While in a polytheistic culture rulers and heroes were called sons of Zeus or Poseidon or Apollo or some other god among many, Christians, being monotheists[1], consider Jesus to be the son of the only God there is.
By historical method
In the Gospels, the being of Jesus as "son of God", corresponds exactly to the typical Hasid[34] from Galilee [ ], a "pious" holy man that by divine intervention performs miracles and exorcisms[9][10], an opinion not shared by all.
"Sons of God" according to Judaism
In the Old Testament, the phrase "son(s) of God" has an unknown meaning: there are a number of later interpretations. Our translation most likely comes from the Septuagint, which uses the phrase "Uioi Tou Theou", "Sons of God", to translate it[7].

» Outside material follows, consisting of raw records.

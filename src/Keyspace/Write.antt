-- ===== src/Keyspace/Write.antt =====
-- do_set on every branch.
use cand_cppwith_linux.Base.{
  ◌+◌, ◌<◌, ◌≡◌, ◌≢◌, refl, sym, ap, ◌∙◌, inl, inr, Bool-cases, true, not, Option, none, some, List,
  Perm, ok, deref, ◌>>=◌, Returns, returns, Returns-bind, arith, ◌==◌, ==_iff, if◌then◌else◌,
  get_elem?, length,
}
use cand_cppwith_linux.Base.Array.{length-perm}
use cand_cppwith_linux.Memory.{Ptr, null, write}
use cand_cppwith_linux.HashTable.{HNode, HMap, hm_insert}
use cand_cppwith_linux.HashTable.Map.{map_contents, max_nodes}
use cand_cppwith_linux.HashTable.Insert.{hm_insert-Added}
use cand_cppwith_linux.Wire.{Bytes, str_hash, out_nil, out_err}
use cand_cppwith_linux.Keyspace.{
  Entry, GData, t_str, err_type, expect_string, bytes_eq, new_entry, do_set,
}
use cand_cppwith_linux.Keyspace.View.{
  IsKeyspace, Located, absent, located, view, in_order, view-absent, view-located, view-reordered,
  find_entry-Located, eq_of_bytes_eq,
}
use cand_cppwith_linux.Keyspace.Set.{SetsKey, rewrite-SetsKey}
use cand_cppwith_linux.Keyspace.Add.{add-SetsKey, new_entry-timers}

-- what `set` makes of the entry of the key
abbrev pub set_entry : Bytes → Bytes → Option Entry → Option Entry
set_entry key val none = some (record { key = key; val = val; type = t_str; zset = none })
set_entry key val (some ent) =
    if not (ent.type == t_str) then some ent else some (record ent { val = val })

abbrev pub set_reply : Bytes → Option Entry → Bytes
set_reply out none = out_nil out
set_reply out (some ent) =
    if not (ent.type == t_str) then out_err out err_type expect_string else out_nil out

-- malloc succeeds: its address is not null, and no entry of the key space lives at it
abbrev pub IsMalloc : (GData → Ptr) → GData → Type 0
IsMalloc malloc g =
    (db : HMap Ptr)
    → (malloc (record g { db = db }) ≢ null) × (g.entries (malloc (record g { db = db })) ≡ none)

pub SetsKey-reordered :
    (g : GData) (db : HMap Ptr) (k : Bytes) (x : Option Entry) (g' : GData)
    → IsKeyspace g
    → Perm (map_contents db) (map_contents g.db)
    → SetsKey (record g { db = db }) k x g'
    → SetsKey g k x g'
SetsKey-reordered g db k x g' v p s = record {
  valid = s.valid;
  views = λ k'. s.views k' ∙ ap (λ o. if bytes_eq k k' then x else o) (view-reordered g db k' v p);
}

unchanged-SetsKey :
    (g : GData) (db : HMap Ptr) (k : Bytes) (x : Option Entry)
    → IsKeyspace g
    → IsKeyspace (record g { db = db })
    → Perm (map_contents db) (map_contents g.db)
    → view g k ≡ x
    → SetsKey g k x (record g { db = db })
unchanged-SetsKey g db k x v v' p e = record {
  valid = v';
  views = λ k'. view-reordered g db k' v p ∙ (elim (Bool-cases (bytes_eq k k')) [
    | inl t ↦ rw t (ap (view g) (sym (eq_of_bytes_eq k k' t)) ∙ e)
    | inr f ↦ rw f refl
  ]);
}

string_in_order :
    (n : HNode Ptr) (e : Entry) → n.hcode ≡ str_hash e.key → e.type ≡ t_str → in_order n e ≡ true
unfolding in_order
string_in_order n e h t =
    let hash : (n.hcode == str_hash e.key) ≡ true = (==_iff n.hcode (str_hash e.key)).1 h in
    rw (hash, t) refl

-- From a state in order, with room for one more entry and a malloc that succeeds, do_set ends
-- without a fault. A key without an entry gets one with the value, a string gets the value, and on a
-- sorted set the answer is an error and no key changes. No other key, no deadline and no job changes.
pub do_set-Sets :
    (malloc : GData → Ptr) (g : GData) (cmd : List Bytes) (k val out : Bytes)
    → IsMalloc malloc g
    → get_elem? cmd 1 ≡ some k
    → get_elem? cmd 2 ≡ some val
    → IsKeyspace g
    → length (map_contents g.db) + 1 < max_nodes
    → Returns
        (λ (r : GData × Bytes).
          SetsKey g k (set_entry k val (view g k)) (r.0)
          × (r.0.timers ≡ g.timers)
          × (r.0.jobs ≡ g.jobs)
          × (r.1 ≡ set_reply out (view g k)))
        (do_set malloc g cmd out)
unfolding do_set new_entry
do_set-Sets malloc g cmd k val out fresh arg1 arg2 v room =
    rw (arg1, arg2) (Returns-bind (find_entry-Located g k v) λ r l. answer r l)
  where
    answer :
        (r : Option Ptr × GData)
        → Located g k r
        → Returns
            (λ (r : GData × Bytes).
              SetsKey g k (set_entry k val (view g k)) (r.0)
              × (r.0.timers ≡ g.timers)
              × (r.0.jobs ≡ g.jobs)
              × (r.1 ≡ set_reply out (view g k)))
            (elim (r.0) [
              | some p ↦
                  (deref (r.1.entries p) >>= λ ent. ok (
                    if not (ent.type == t_str) then (r.1, out_err out err_type expect_string) else (
                      record (r.1) { entries = write (r.1.entries) p (record ent { val = val }) },
                      out_nil out,
                    )))
              | none ↦
                  (hm_insert
                      ((new_entry
                        (r.1)
                        (malloc (r.1))
                        (record { key = k; val = val; type = t_str; zset = none })).db)
                      (record { hcode = str_hash k; payload = malloc (r.1) })
                    >>= λ db. ok (
                      record (new_entry
                          (r.1)
                          (malloc (r.1))
                          (record { key = k; val = val; type = t_str; zset = none })) { db = db },
                      out_nil out,
                    ))
            ])
    answer _ (absent db valid p count) =
        let e = sym (view-reordered g db k v p) ∙ view-absent (record g { db = db }) k count in
        let g₁ : GData = record g { db = db } in
        let node : HNode Ptr = record { hcode = str_hash k; payload = malloc g₁ } in
        let ent : Entry = record { key = k; val = val; type = t_str; zset = none } in
        Returns-bind (hm_insert-Added db node valid.map (omega (arith, length-perm p))) λ db' added.
          returns (
            SetsKey-reordered g db k _ _ v p (
                rw e (
                  add-SetsKey g₁ k (malloc g₁) ent db' valid (fresh db).0 (fresh db).1 count refl
                    (string_in_order node ent refl refl) added)),
            new_entry-timers g₁ k (malloc g₁) ent db' valid (fresh db).0 (fresh db).1 count refl,
            refl,
            rw e refl,
          )
    answer _ (located db n rest ent valid p q ne at same) =
        let e =
          sym (view-reordered g db k v p)
          ∙ view-located (record g { db = db }) k n rest ent valid q ne at same in
        rw at (elim (Bool-cases (ent.type == t_str)) [
          | inl t ↦
              rw (e, t)
                (returns (
                  SetsKey-reordered g db k _ _ v p (
                      rewrite-SetsKey (record g { db = db }) k n rest ent (record ent { val = val })
                        valid q ne at same (refl, refl, refl)),
                  refl,
                  refl,
                  refl,
                ))
          | inr f ↦
              rw (e, f)
                (returns (unchanged-SetsKey g db k (some ent) v valid p e, refl, refl, refl))
        ])
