-- ===== src/Keyspace/Tests.antt =====
-- A key space with the string "v" under the key "k", at the address 100, with a timer.
use mathlib.Core.List.{flatten}
use cand_cppwith_linux.Base.{
  ◌-◌, ℕ, zero, suc, ◌≤◌, ◌≡◌, refl, ◌⊎◌, inl, inr, Bool-cases, true, none, some, List, [], ◌∷◌,
  Returns, arith, ◌==◌, if◌then◌else◌,
}
use cand_cppwith_linux.Base.Int.{ℤ, pos}
use cand_cppwith_linux.Base.Count.{count_p}
use cand_cppwith_linux.Base.Array.{get_or}
use cand_cppwith_linux.Memory.{Ptr}
use cand_cppwith_linux.HashTable.{HNode, HTab, HMap, no_tab}
use cand_cppwith_linux.HashTable.Slots.{All}
use cand_cppwith_linux.HashTable.Table.{IsTable, IsHome, slots_of}
use cand_cppwith_linux.HashTable.Map.{IsMap, map_contents}
use cand_cppwith_linux.Heap.{HeapMem, no_index}
use cand_cppwith_linux.Heap.Order.{IsDistinct, IsForeign, IsHeap, IsLinked}
use cand_cppwith_linux.Ttl.{deadline}
use cand_cppwith_linux.Ttl.Deadline.{IsValid}
use cand_cppwith_linux.Wire.{Bytes, str_hash, hash_loop}
use cand_cppwith_linux.Keyspace.{
  Entry, GData, t_str, do_get, do_set, do_expire, do_ttl, do_del, c_str, bytes_eq,
}
use cand_cppwith_linux.Keyspace.Find.{ptr_of}
use cand_cppwith_linux.Keyspace.View.{IsKeyspace, view, address, key_is, is_dead, is_at, in_order}
use cand_cppwith_linux.Keyspace.Read.{Kept, get_reply, ttl_reply, do_get-Replies, do_ttl-Replies}
use cand_cppwith_linux.Keyspace.Set.{SetsKey}
use cand_cppwith_linux.Keyspace.Write.{IsMalloc, set_entry, set_reply, do_set-Sets}
use cand_cppwith_linux.Keyspace.Expire.{Expired, do_expire-Expired}
use cand_cppwith_linux.Keyspace.Del.{Deleted, do_del-Deletes}

abbrev key_k : Bytes
key_k = 107 ∷ []

abbrev val_v : Bytes
val_v = 118 ∷ []

abbrev entry_k : Entry
entry_k = record { key = key_k; val = val_v; type = t_str; zset = none }

abbrev node_k : HNode Ptr
node_k = record { hcode = 1879901584; payload = 100 }

abbrev slots : HTab Ptr
slots = record { tab = some ((node_k ∷ []) ∷ [] ∷ [] ∷ [] ∷ []); mask = 3; size = 1 }

abbrev db_k : HMap Ptr
db_k = record { ht1 = slots; ht2 = no_tab; resizing_pos = 0 }

slots-placed : (i : ℕ) → All (IsHome 3 i) (get_or (slots_of slots) i [])
unfolding get_or
slots-placed zero = (refl, tt)
slots-placed (suc zero) = tt
slots-placed (suc (suc zero)) = tt
slots-placed (suc (suc (suc zero))) = tt
slots-placed (suc (suc (suc (suc i)))) = tt

slots-IsTable : IsTable slots (slots_of slots)
unfolding flatten
slots-IsTable = record { tab = refl; width = refl; counted = refl; placed = slots-placed }

db_k-IsMap : IsMap db_k
unfolding get_or flatten
db_k-IsMap = record {
  new = inr slots-IsTable;
  old = inl refl;
  order = λ _. refl;
  pow = (2, refl);
  swept = λ i h. refl;
  fits = (omega arith, omega arith);
  small = omega arith;
}

abbrev timer_k : HeapMem
timer_k = record {
  items = record { val = 7000000; ref = 100 } ∷ [];
  cell = λ a. if a == 100 then 0 else no_index;
}

timer_k-apart : IsDistinct (timer_k.items)
unfolding get_or
timer_k-apart zero zero h k e = refl
timer_k-apart (suc i) j h k e = absurd (omega arith)
timer_k-apart zero (suc j) h k e = absurd (omega arith)

timer_k-IsHeap : IsHeap (timer_k.items)
timer_k-IsHeap c h k = absurd (omega (arith, h, k))

timer_k-IsLinked : IsLinked timer_k
unfolding get_or
timer_k-IsLinked zero h = refl
timer_k-IsLinked (suc c) h = absurd (omega arith)

timer_k-idle : (r : ℕ) → IsForeign (timer_k.items) r → timer_k.cell r ≡ no_index
unfolding get_or
timer_k-idle r f = let ne0 = f 0 (omega arith) in ground arith

timer_k-IsValid : IsValid timer_k
timer_k-IsValid = record {
  heap = timer_k-IsHeap;
  apart = timer_k-apart;
  linked = timer_k-IsLinked;
  idle = timer_k-idle;
  small = omega arith;
}

abbrev space : GData
space = record {
  db = db_k;
  entries = λ a. if a == 100 then some entry_k else none;
  timers = timer_k;
  jobs = [];
}

space-owned : (p : Ptr) → (deadline timer_k p ≡ none) ⊎ (count_p (is_at p) (map_contents db_k) ≡ 1)
unfolding deadline count_p flatten get_or
space-owned p = elim (Bool-cases (p == 100)) [
  | inl e ↦ inr (let t : (100 == p) ≡ true = ground arith in rw t refl)
  | inr e ↦ inl (rw e refl)
]

space-alone : (k : Bytes) → count_p (key_is (space.entries) k) (map_contents db_k) ≤ 1
unfolding count_p flatten key_is
space-alone k = elim (Bool-cases (bytes_eq key_k k)) [
  | inl e ↦ rw e (omega arith)
  | inr e ↦ rw e (omega arith)
]

space-IsKeyspace : IsKeyspace space
unfolding count_p flatten is_dead in_order str_hash hash_loop
space-IsKeyspace = record {
  map = db_k-IsMap;
  live = refl;
  alone = space-alone;
  timers = timer_k-IsValid;
  owned = space-owned;
}

-- `get k`
abbrev get_cmd : List Bytes
get_cmd = (103 ∷ 101 ∷ 116 ∷ []) ∷ key_k ∷ []

-- `set k w`
abbrev set_cmd : List Bytes
set_cmd = (115 ∷ 101 ∷ 116 ∷ []) ∷ key_k ∷ (119 ∷ []) ∷ []

-- strtoll on the one digit that the test needs
abbrev digit : Bytes → ℤ × ℕ
digit (b ∷ []) = (pos (b - 48), 1)
digit _ = (pos 0, 0)

free_address : IsMalloc (λ _. 200) space
free_address db = (ground arith, refl)

do_get-Replies_example :
    Returns
      (λ (r : GData × Bytes). Kept space (r.0) × (r.1 ≡ get_reply [] (view space key_k)))
      (do_get space get_cmd [])
do_get-Replies_example = do_get-Replies space get_cmd key_k [] refl space-IsKeyspace

do_ttl-Replies_example :
    Returns
      (λ (r : GData × Bytes).
        Kept space (r.0)
        × (r.1 ≡ ttl_reply 5000 [] (view space key_k) (deadline timer_k (address space key_k))))
      (do_ttl 5000 space get_cmd [])
do_ttl-Replies_example = do_ttl-Replies 5000 space get_cmd key_k [] refl space-IsKeyspace

do_set-Sets_example :
    Returns
      (λ (r : GData × Bytes).
        SetsKey space key_k (set_entry key_k (119 ∷ []) (view space key_k)) (r.0)
        × (r.0.timers ≡ timer_k)
        × (r.0.jobs ≡ [])
        × (r.1 ≡ set_reply [] (view space key_k)))
      (do_set (λ _. 200) space set_cmd [])
unfolding flatten
do_set-Sets_example =
    do_set-Sets (λ _. 200) space set_cmd key_k (119 ∷ []) [] free_address refl refl space-IsKeyspace
      (omega arith)

do_expire-Expired_example :
    Returns
      (Expired space key_k (51 ∷ []) 5000 [] (digit (c_str (51 ∷ []))))
      (do_expire digit 5000 space ([] ∷ key_k ∷ (51 ∷ []) ∷ []) [])
do_expire-Expired_example =
    do_expire-Expired digit 5000 space ([] ∷ key_k ∷ (51 ∷ []) ∷ []) key_k (51 ∷ []) [] refl refl
      space-IsKeyspace (omega arith)

do_del-Deletes_example : Returns (Deleted space key_k []) (do_del 5000 space get_cmd [])
do_del-Deletes_example =
    do_del-Deletes 5000 space get_cmd key_k [] refl space-IsKeyspace (omega arith)

-- the string is found
view_k : view space key_k ≡ some entry_k
unfolding view ptr_of flatten key_is bytes_eq
view_k = refl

- The Hebrew phrase Benei Elohim, often translated as "sons of God", is seen by some to describe angels or immensely powerful human beings. The notion of the word as describing non-divine beings most likely comes from the Targumic Aramaic translation, which uses the phrases "sons of nobles", "Bnei Ravrevaya" in its translation.[11] See Genesis 6:2-4 and Book of Job 1:6 (בן ben אלהים 'Elohiym, "that the sons" son, grandson, child, member of a group + "of God" the (true) God).
- It is used to denote a human judge or ruler (Psalm 82:6, "children of the Most High"; in many passages "gods" and "judges" can seem to be equations). In a more specialized sense, "son of God" is a title applied only to the real king over Israel (II Samuel 7: 14, with reference to King David and those of his descendants who carried on his dynasty; comp. Psalm 89:27-28).
- Israel as a people is called God's "son", using the singular form (comp. Exodus 4: 22 and Hosea 11:1).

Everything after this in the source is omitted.